_Work request_
Give an exact copy of the lines of the records below, starting at the line containing "times_odd _ _ (shift_xor-lt _" and running to the end.

_Data excerpts_
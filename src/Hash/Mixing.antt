-- ===== src/Hash/Mixing.antt =====
-- The steps of the hash functions of cuckoo_filter/hash_utils.cpp, as functions of one word.
use lock_free_cuckoo_filter.Prelude.{
  ℕ, ◌/◌, ◌^◌, ◌<◌, bit_xor, ◌≡◌, ◌∙◌, arith, List, [], ◌∷◌, ◌++◌, refl,
}
use lock_free_cuckoo_filter.Prelude.Bits.{bit_xor-lt, xor_shift_injective, bit_xor_comm}
use lock_free_cuckoo_filter.Hash.{
  add32, mul32, shift32, extend_char, jenkins_round, jenkins_loop, jenkins_finish, hash_word,
}

-- `h += h << k` for the three shifts of `jenkins_hash`
add_shift_3 :
    (x y : ℕ) → x < 2 ^ 32 → y < 2 ^ 32 → add32 x (shift32 x 3) ≡ add32 y (shift32 y 3) → x ≡ y
add_shift_3 x y hx hy e = omega arith

add_shift_10 :
    (x y : ℕ) → x < 2 ^ 32 → y < 2 ^ 32 → add32 x (shift32 x 10) ≡ add32 y (shift32 y 10) → x ≡ y
add_shift_10 x y hx hy e = omega arith

add_shift_15 :
    (x y : ℕ) → x < 2 ^ 32 → y < 2 ^ 32 → add32 x (shift32 x 15) ≡ add32 y (shift32 y 15) → x ≡ y
add_shift_15 x y hx hy e = omega arith

times_odd : (x y : ℕ) → x < 2 ^ 32 → y < 2 ^ 32 → mul32 x 0x45d9f3b ≡ mul32 y 0x45d9f3b → x ≡ y
times_odd x y hx hy e = omega arith

xor_shift-lt : (k x : ℕ) → x < 2 ^ 32 → bit_xor x (x / 2 ^ k) < 2 ^ 32
xor_shift-lt k x h = bit_xor-lt 32 x (x / 2 ^ k) h (omega arith)

add32-lt : (a b : ℕ) → add32 a b < 2 ^ 32
add32-lt a b = omega arith

mul32-lt : (a b : ℕ) → mul32 a b < 2 ^ 32
mul32-lt a b = omega arith

pub jenkins_round-lt : (h c : ℕ) → jenkins_round h c < 2 ^ 32
unfolding jenkins_round
jenkins_round-lt h c = xor_shift-lt 6 _ (add32-lt _ _)

pub jenkins_loop-lt : (key : List ℕ) (h : ℕ) → h < 2 ^ 32 → jenkins_loop key h < 2 ^ 32
unfolding jenkins_loop
jenkins_loop-lt [] h lt = lt
jenkins_loop-lt (c ∷ key) h lt = jenkins_loop-lt key (jenkins_round h c) (jenkins_round-lt h c)

pub jenkins_loop-append :
    (xs ys : List ℕ) (h : ℕ) → jenkins_loop (xs ++ ys) h ≡ jenkins_loop ys (jenkins_loop xs h)
unfolding jenkins_loop
jenkins_loop-append [] ys h = refl
jenkins_loop-append (x ∷ xs) ys h = jenkins_loop-append xs ys (jenkins_round h x)

-- After a round, the sum of the old value and the byte can be told.
round_sum :
    (h h' c c' : ℕ)
    → jenkins_round h c ≡ jenkins_round h' c'
    → add32 h (extend_char c) ≡ add32 h' (extend_char c')
unfolding jenkins_round
round_sum h h' c c' e =
    add_shift_10 _ _ (add32-lt h (extend_char c)) (add32-lt h' (extend_char c'))
      (xor_shift_injective 5 _ _ e)

pub jenkins_round_value :
    (h h' c : ℕ) → h < 2 ^ 32 → h' < 2 ^ 32 → jenkins_round h c ≡ jenkins_round h' c → h ≡ h'
jenkins_round_value h h' c lt lt' e = omega (arith, round_sum h h' c c e)

pub jenkins_round_byte :
    (h c c' : ℕ) → c < 256 → c' < 256 → jenkins_round h c ≡ jenkins_round h c' → c ≡ c'
jenkins_round_byte h c c' lt lt' e = ground (arith, round_sum h h c c' e)

pub jenkins_loop_value :
    (key : List ℕ) (h h' : ℕ)
    → h < 2 ^ 32
    → h' < 2 ^ 32
    → jenkins_loop key h ≡ jenkins_loop key h'
    → h ≡ h'
unfolding jenkins_loop
jenkins_loop_value [] h h' lt lt' e = e
jenkins_loop_value (c ∷ key) h h' lt lt' e = jenkins_round_value h h' c lt lt' (
    jenkins_loop_value key (jenkins_round h c) (jenkins_round h' c) (jenkins_round-lt h c)
      (jenkins_round-lt h' c) e)

pub jenkins_finish_value :
    (h h' : ℕ) → h < 2 ^ 32 → h' < 2 ^ 32 → jenkins_finish h ≡ jenkins_finish h' → h ≡ h'
unfolding jenkins_finish
jenkins_finish_value h h' lt lt' e = add_shift_3 h h' lt lt' (
    xor_shift_injective 10 _ _
      (add_shift_15 _ _ (xor_shift-lt 11 _ (add32-lt h _)) (xor_shift-lt 11 _ (add32-lt h' _)) e))

shift_xor : (x y : ℕ) → bit_xor (x / 2 ^ 16) x ≡ bit_xor (y / 2 ^ 16) y → x ≡ y
shift_xor x y e =
    xor_shift_injective 15 x y (bit_xor_comm x (x / 2 ^ 16) ∙ e ∙ bit_xor_comm (y / 2 ^ 16) y)

shift_xor-lt : (x : ℕ) → x < 2 ^ 32 → bit_xor (x / 2 ^ 16) x < 2 ^ 32
shift_xor-lt x h = bit_xor-lt 32 (x / 2 ^ 16) x (omega arith) h

-- The integer hash sends different 32-bit words to different values.
pub hash_word_injective : (x y : ℕ) → x < 2 ^ 32 → y < 2 ^ 32 → hash_word x ≡ hash_word y → x ≡ y
unfolding hash_word
hash_word_injective x y hx hy e = shift_xor x y (
    times_odd _ _ (shift_xor-lt x hx) (shift_xor-lt y hy) (
      shift_xor _ _ (
        times_odd _ _ (shift_xor-lt _ (mul32-lt _ _)) (shift_xor-lt _ (mul32-lt _ _))
          (shift_xor _ _ e))))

_Reply to the task_
        times_odd _ _ (shift_xor-lt _ (mul32-lt _ _)) (shift_xor-lt _ (mul32-lt _ _))
          (shift_xor _ _ e))))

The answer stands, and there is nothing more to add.